#### [LISTED ENTRIES]

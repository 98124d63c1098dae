-- ===== src/Clients/Asked.antt =====
-- The requests of one process to the broker in turn, among the events of the others.
use vmnet_broker.Base.{
  ℕ, ◌≡◌, ◌≢◌, ◌⊎◌, refl, sym, ap, subst, ◌∙◌, inl, inr, some, bytes_eq, bytes_eq→eq, bytes_eq_refl,
  Bool-cases, none, List, [], ◌∷◌, CString, All, lookup, insert, lookup-insert, arith,
}
use vmnet_broker.Machine.{Reply, network, replies, Context, State, ok, CoreFoundation}
use vmnet_broker.Config.Builtin.{IsBuiltin}
use vmnet_broker.Network.Grant.{IsAvailable}
use vmnet_broker.Broker.{Env}
use vmnet_broker.Broker.Requests.{IsServable}
use vmnet_broker.Client.{Client, message, deliver, read_reply, reply_object}
use vmnet_broker.Client.Outcome.{read_shared}
use vmnet_broker.System.{Peers, step}
use vmnet_broker.System.Invariant.{requests}
use vmnet_broker.System.Safety.{Reach}
use vmnet_broker.System.Sharing.{one_network_of_name}
use vmnet_broker.System.Later.{Later, now, later, Reach-Later}
use vmnet_broker.System.Holding.{KeepsOpen, held-StillHolds}
use vmnet_broker.System.Grant.{connected_peer_is_granted}
use vmnet_broker.Clients.{new_reply, asks}
use vmnet_broker.Clients.Calls.{call-Done, Done-Reach, Done-same}
use vmnet_broker.Clients.Agree.{Holds, Holds-of_Received}

-- The broker came to a state by a run in which the connection asked for these names, each builtin, in
-- turn, and was sent these replies, newest first. Each request could be served, its external calls
-- succeeded, and any other events came between, but no disconnection of the connection.
pub data Asked (cf : CoreFoundation) (c : ℕ) : List (CString × Reply) → Peers → State → Type 0 where
  asked_nothing : {peers : Peers} {s : State} → Reach cf peers s → Asked cf c [] peers s
  asked_next :
      {answers : List (CString × Reply)} {peers peers₁ peers₂ : Peers} {s s₁ s₂ : State}
      → Asked cf c answers peers s
      → (l : Later cf peers s peers₁ s₁) → KeepsOpen c l
      → (env : Env) (name : CString) (ctx : Context) (r : Reply) → lookup c peers₁ ≡ some ctx
      → IsBuiltin name
      → IsServable cf env.outcomes (deliver (message name)) s₁
      → IsAvailable env.outcomes name
      → step cf env (asks c name) peers₁ s₁ ≡ ok peers₂ s₂
      → new_reply c (replies s₁.effects) (replies s₂.effects) ≡ some r
      → Asked cf c ((name, r) ∷ answers) peers₂ s₂

-- The reply is a network of that name that the connection holds.
abbrev pub IsHeld : ℕ → Peers → State → CString × Reply → Type 0
IsHeld c peers s (name, r) =
    (x : ℕ) × (r ≡ network x) × (ctx : Context) × (lookup c peers ≡ some ctx) × Holds name ctx s x

abbrev pub no_client : Client
no_client = record { connection = none; sent = []; retained = [] }

module _ {cf : CoreFoundation} (c : ℕ) where
  -- What the connection holds it goes on holding.
  IsHeld-Later :
      {peers peers' : Peers} {s s' : State} (reach : Reach cf peers s)
      (answers : List (CString × Reply))
      → (l : Later cf peers s peers' s') → KeepsOpen c l
      → All (IsHeld c peers s) answers
      → All (IsHeld c peers' s') answers
  IsHeld-Later reach [] l kept held = tt
  IsHeld-Later reach ((name, r) ∷ answers) l kept
        ((x, is, ctx, found, (p, n, at, named, serialized, mine)), held) =
      let (ctx', found', mine', (m, at', name', _, x')) =
        held-StillHolds reach c ctx p n found mine at l kept in
      (
        (x, is, ctx', found', (p, m, at', name' ∙ named, x' ∙ serialized, mine')),
        IsHeld-Later reach answers l kept held,
      )

  -- One request.
  ask-IsHeld :
      {peers₁ peers₂ : Peers} {s₁ s₂ : State} (reach : Reach cf peers₁ s₁) (env : Env)
      (name : CString) (ctx : Context) (r : Reply)
      → lookup c peers₁ ≡ some ctx
      → IsBuiltin name
      → IsServable cf env.outcomes (deliver (message name)) s₁
      → IsAvailable env.outcomes name
      → step cf env (asks c name) peers₁ s₁ ≡ ok peers₂ s₂
      → new_reply c (replies s₁.effects) (replies s₂.effects) ≡ some r
      → Reach cf peers₂ s₂ × IsHeld c peers₂ s₂ (name, r)
  ask-IsHeld {peers₁} {peers₂} {s₁} {s₂} reach env name ctx r found builtin can available ran sent =
      let grants =
        connected_peer_is_granted env.outcomes c ctx (deliver (message name)) name reach found
          (refl, refl) builtin can available in
      let d = call-Done reach env c 0 name no_client ctx found can grants in
      let (x, answered) = d.also in
      let (left, after, is_r) = Done-same reach env c 0 name no_client ctx found can d ran sent in
      let is_x : d.reply ≡ network x = ground (arith, d.replied, answered) in
      subst (λ l. Reach cf l s₂ × IsHeld c l s₂ (name, r)) left
        (subst
          (λ t.
            Reach cf (insert c d.context peers₁) t
            × IsHeld c (insert c d.context peers₁) t (name, r))
          after
          (
            Done-Reach reach env c 0 name no_client ctx found can d,
            (
              x,
              sym is_r ∙ is_x,
              d.context,
              ground (arith, lookup-insert c c d.context peers₁),
              Holds-of_Received name ctx d.context d.state x _ _
                  (ap (λ y. read_reply (reply_object y)) is_x ∙ read_shared x) d.received,
            ),
          ))

  -- In every
  pub asked-IsHeld :
      {answers : List (CString × Reply)} {peers : Peers} {s : State}
      → Asked cf c answers peers s
      → Reach cf peers s × All (IsHeld c peers s) answers
  asked-IsHeld (asked_nothing reach) = (reach, tt)
  asked-IsHeld
        (asked_next {answers} before l kept env name ctx r found builtin can available ran sent) =
      let (reach, held) = asked-IsHeld before in
      let reach₁ = Reach-Later reach l in
      let (reach₂, new) = ask-IsHeld reach₁ env name ctx r found builtin can available ran sent in
      (
        reach₂,
        (
          new,
          IsHeld-Later reach₁ answers (later env (asks c name) now (requests ctx found can) ran)
              (λ e. cc e, tt) (IsHeld-Later reach answers l kept held),
        ),
      )

-- Requests of one name are answered with one network.
abbrev pub OnePerName : List (CString × Reply) → Type 0
OnePerName [] = Unit
OnePerName ((name, r) ∷ answers) =
    All (λ (name', r'). (name ≢ name') ⊎ (r ≡ r')) answers × OnePerName answers

module _ {cf : CoreFoundation} (c : ℕ) {peers : Peers} {s : State} (reach : Reach cf peers s) where
  held-same :
      (name : CString) (r r' : Reply)
      → IsHeld c peers s (name, r)
      → IsHeld c peers s (name, r')
      → r ≡ r'
  held-same name r r' (x, is, _, _, (p, n, at, named, serialized, _))
        (x', is', _, _, (p', n', at', named', serialized', _)) =
      let one = one_network_of_name reach p p' n n' name at at' named named' in
      ground (arith, one, at, at', serialized, serialized', is, is')

  held-OnePerName_one :
      (name : CString) (r : Reply) (answers : List (CString × Reply))
      → IsHeld c peers s (name, r)
      → All (IsHeld c peers s) answers
      → All (λ (name', r'). (name ≢ name') ⊎ (r ≡ r')) answers
  held-OnePerName_one name r [] held rest = tt
  held-OnePerName_one name r ((name', r') ∷ answers) held (held', rest) = (
    elim (Bool-cases (bytes_eq name name')) [
      | inl e ↦
          let same = bytes_eq→eq name name' e in
          inr (held-same name r r' held (subst (λ n. IsHeld c peers s (n, r')) (sym same) held'))
      | inr e ↦ inl λ same. ground (arith, e, same, bytes_eq_refl name)
    ],
    held-OnePerName_one name r answers held rest,
  )

  pub held-OnePerName :
      (answers : List (CString × Reply)) → All (IsHeld c peers s) answers → OnePerName answers
  held-OnePerName [] held = tt
  held-OnePerName ((name, r) ∷ answers) (held, rest) =
      (held-OnePerName_one name r answers held rest, held-OnePerName answers rest)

#### [TASK TO CARRY OUT]
Show all lines in the preceding material that have "Bool" in them.

#### [EXERCISE RESPONSE]
  Bool-cases, none, List, [], ◌∷◌, CString, All, lookup, insert, lookup-insert, arith,
    elim (Bool-cases (bytes_eq name name')) [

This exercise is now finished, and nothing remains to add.